Probably would have been really helpful though, some of them end bosses were pretty tough.


----------



## nothing to fear (Mar 23, 2005)

ShinAkuma said:


> Nintendo was crappy, always froze


Did you try to blow in it?


----------



## SociallyBroken (Oct 3, 2010)

Does anyone still have a R.O.B for there Nintendo ??


----------



## suddenstorm (Feb 2, 2011)

nothing to fear said:


> Did you try to blow in it?


yeah, blowing in it always worked


----------



## anonymid (Oct 16, 2005)




----------



## erasercrumbs (Dec 17, 2009)

Lest we grow *too* nostalgic, most of the games released on the NES weren't very good. I'm old enough to remember the frustration of relying on nothing but vertical take-off jump kicks in Bayou Billy, or the confusion of wandering around aimlessly in Friday the 13th, in an overworld that played out like an endless walk cycle on The Flintstones. Some games were barely playable, and I don't mean that as hyperbole. A game could be truly terrible in every regard, and still be considered a hit back in the day (I'm looking at you, Bart vs. the Space Mutants). It wasn't until the arms race between Nintendo and Sega that console video games really began hitting a consistent watermark of quality. 

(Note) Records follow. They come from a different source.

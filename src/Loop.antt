-- ===== src/Loop.antt =====
-- internal/application/loop/service.go: runs of steps, and the service that starts, advances and
-- cancels them.
pub mod Types
pub mod Service
pub mod Postgres
pub mod Invariant
pub mod Stored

Basically, every NES game that wasn't made by Nintendo or a handful of the best developers was probably crap in a cartridge. That said, those truly quality NES games are really amazing. I've half a mind to go slip into something a little more Galaga, right now.


----------



## foe (Oct 10, 2010)

I don't have the original NES console but I do play it on here. http://nesbox.com/

I like playing Mario, Contra, Ninja Turtles and Double Dragon on there.


----------



## SociallyBroken (Oct 3, 2010)

anonymid said:


>


OMG :lol ... lol catz!!!


----------



## Scrub-Zero (Feb 9, 2004)

erasercrumbs said:


> Lest we grow *too* nostalgic, most of the games released on the NES weren't very good. I'm old enough to remember the frustration of relying on nothing but vertical take-off jump kicks in Bayou Billy, or the confusion of wandering around aimlessly in Friday the 13th, in an overworld that played out like an endless walk cycle on The Flintstones. Some games were barely playable, and I don't mean that as hyperbole. A game could be truly terrible in every regard, and still be considered a hit back in the day (I'm looking at you, Bart vs. the Space Mutants).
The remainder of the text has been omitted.